What I am sure on the other hand is that a photon don't have a momentum, and you are both false, abalone and Bruce. Momentum is the product of mass per speed square (Ec=1/2 mv2), and it is an energy. Mass of a photon is null, and speed is the speed of light, equivalent of an infinite speed in classical mechanics. The current notions of mechanics don't apply into these conditions, and especially zero multiplied by infinite can give either zero, a discrete value, or an infinite value. It happens that the actual energy of a photon has no relation with its speed. You can no more take the energy of a photon, and put its speed in the formula to calculate its mass.

So radiation pressure result of subtle interactions of light with matter, not of a mechanical reflection of grains of light. If it were so, a beam of sun light (1kw/m2) would slam our faces, and sun light would project the planets into space.
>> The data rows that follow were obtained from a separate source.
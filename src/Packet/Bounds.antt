-- ===== src/Packet/Bounds.antt =====
-- What the writer keeps whatever is written, and that a failed call moves nothing.
use native.Mathlib.Decide.{dec_lt}
use mmo_server.Common.{
  ℕ, zero, suc, ◌+◌, ◌-◌, ◌%◌, ◌^◌, ◌≤◌, ◌<◌, ◌≡◌, refl, sym, ap, ap₂, ◌∙◌, ◌⊎◌, inl, inr, true,
  false, some, List, [], ◌∷◌, ◌++◌, arith, length, length-append, length-replicate, take, drop,
  take-prefix, take-append-drop, replicate, returned,
}
use mmo_server.Packet.{
  PacketWriter, max_packet_size, write_bytes, resize, is_valid_capacity, overwrite, copied,
}

-- The writer stands inside its buffer, and the buffer is within the limit.
pub record Bounded (w : PacketWriter) : Type 0 where
  pub inside : w.offset ≤ length w.buffer
  pub limited : length w.buffer ≤ max_packet_size

-- The writer after `bytes` were written at the offset, the buffer grown where it was too short.
abbrev pub advanced : PacketWriter → List ℕ → PacketWriter
advanced w bytes = record {
  buffer = take w.offset w.buffer ++ (bytes ++ drop (w.offset + length bytes) w.buffer);
  offset = w.offset + length bytes;
}

drop_all : (n : ℕ) (xs : List ℕ) → length xs ≤ n → drop n xs ≡ []
drop_all zero [] h = refl
drop_all zero (x ∷ xs) h = absurd (omega arith)
drop_all (suc n) [] h = refl
drop_all (suc n) (x ∷ xs) h = drop_all n xs (omega arith)

take_all : (n : ℕ) (xs : List ℕ) → length xs ≤ n → take n xs ≡ xs
take_all zero [] h = refl
take_all zero (x ∷ xs) h = absurd (omega arith)
take_all (suc n) [] h = refl
take_all (suc n) (x ∷ xs) h = ap (λ l. x ∷ l) (take_all n xs (omega arith))

-- The bytes written do not depend on how far the buffer was grown before.
overwrite_grown :
    (buffer bytes : List ℕ) (offset required : ℕ)
    → offset ≤ length buffer
    → required ≡ offset + length bytes
    → length buffer < required
    → overwrite (take required buffer ++ replicate (required - length buffer) 0) offset bytes
      ≡ overwrite buffer offset bytes
overwrite_grown buffer bytes offset required inside total short =
    let whole : take required buffer ≡ buffer = take_all required buffer (omega arith) in
    let front =
      ap (λ l. take offset (l ++ replicate (required - length buffer) 0)) whole
      ∙ take-prefix offset buffer (replicate (required - length buffer) 0) inside in
    let back =
      drop_all (offset + length bytes)
        (take required buffer ++ replicate (required - length buffer) 0)
        (omega (
          arith,
          length-append (take required buffer) (replicate (required - length buffer) 0),
          length-replicate {A = ℕ} (required - length buffer) 0,
          ap length whole,
        ))
      ∙ sym (drop_all (offset + length bytes) buffer (omega arith)) in
    ap₂ (λ xs ys. xs ++ (bytes ++ ys)) front back

write_grown :
    (w : PacketWriter) (bytes : List ℕ) (required : ℕ)
    → (w.offset + length bytes) % 2 ^ 64 ≡ required
    → length w.buffer < required
    → required ≤ max_packet_size
    → 0 < length bytes
    → write_bytes w (some bytes) (length bytes)
      ≡ returned (
        true,
        copied w
            (take (length bytes) bytes)
            (length bytes)
            (take required w.buffer ++ replicate (required - length w.buffer) 0),
      )
unfolding write_bytes resize is_valid_capacity
write_grown w bytes required total grows under some_bytes =
    ground (arith, total, grows, under, some_bytes)

-- WriteBytes of some bytes: refused beyond the limit, written otherwise.
pub write_bytes_cases :
    (w : PacketWriter) (bytes : List ℕ)
    → Bounded w
    → length bytes < 2 ^ 63
    → ((max_packet_size < w.offset + length bytes)
        × (write_bytes w (some bytes) (length bytes) ≡ returned (false, w)))
      ⊎ ((w.offset + length bytes ≤ max_packet_size)
          × (write_bytes w (some bytes) (length bytes) ≡ returned (true, advanced w bytes)))
unfolding write_bytes resize is_valid_capacity
write_bytes_cases w [] b small = inr (
  omega (arith, b.inside, b.limited),
  ap returned (
      ap (λ v. (true, v))
        (sym (
          ap₂ (λ xs n. record { buffer = xs; offset = n })
            (ap (λ n. take w.offset w.buffer ++ drop n w.buffer) (omega arith)
              ∙ take-append-drop w.offset w.buffer)
            (omega arith)))),
)
write_bytes_cases w (x ∷ bytes) b small =
    elim (dec_lt max_packet_size (w.offset + length (x ∷ bytes))) [
      | yes over ↦ inl (over, ground (arith, over, b.inside, b.limited))
      | no under ↦ elim (dec_lt (length w.buffer) (w.offset + length (x ∷ bytes))) [
        | yes grows ↦ inr (
          omega arith,
          (let total : (w.offset + length (x ∷ bytes)) % 2 ^ 64 ≡ w.offset + length (x ∷ bytes) =
                omega (arith, b.inside, b.limited) in
              let grown =
                overwrite_grown w.buffer (x ∷ bytes) w.offset (w.offset + length (x ∷ bytes))
                  b.inside refl grows in
              write_grown w (x ∷ bytes) (w.offset + length (x ∷ bytes)) total grows (omega arith)
                (omega arith)
              ∙ ap returned (
                  ap (λ v. (true, v))
                    (ap₂ (λ xs n. record { buffer = xs; offset = n })
                      (ap (overwrite _ w.offset)
                          (take_all (length (x ∷ bytes)) (x ∷ bytes) (omega arith))
                        ∙ grown)
                      total))),
        )
        | no stays ↦ inr (
          omega arith,
          ground
              (arith, b.inside, b.limited, take_all (length (x ∷ bytes)) (x ∷ bytes) (omega arith)),
        )
      ]
    ]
Richard, you are right when you say "The current notions of mechanics don't apply into these conditions, and [..] the actual energy of a photon has no relation with its speed". In fact, energy of a photon is related to it's wavelenght. If you can accept that a zero-mass photon can transport energy, why shouldn't transport momentum too?
In fact, pressure of light is equal to it's energy density; this, considering the huge velocity of light, brings to a very diluited pressure... in fact, the light which impact the earth from sun transport 1370 W/m2 but, in a second, this light covers a distance c; this give a energy density of (1.37E3 J/s/m2)/(2.998E8 m/s)=4.57E-6 J/m3.
In other words, sunlight pressure is only 4.57E-6N/m2, about 22 billion times smaller than atmospheric pressure! (on the Earth surface, is 30% smaller due to atmosphere loss).
Not only this amount is impossible to feel, it is comparable or smaller than other effect perturbing planetary orbits (eg solar wind pressure or other planets attraction) so cannot really disturb orbits.
However, it push cometary tails and, perhaps, one day will help to make interstellar trips

Errr... I don't want to be too affirmative, but a 1m2 sail receives 1300 watts of light energy. If only a small part of it was transferred into mechanical energy, this sail would be slammed away. We cannot reason as if photons were little bullets, with a mass and a finite speed. If it was so, of course, when bouncing off a reflective surface, they would transfer a part of their energy to the surface, from the collision. And with a very minute mass compared to the sail, they would have a very minute effect, what is observed. But photons have no mass, and they go at the velocity of light, so this reasoning cannot be made in this way. But the effects exist, no doubt. Perhaps the solution is a relativistic version of the mechanical analogy above. But I don't know it.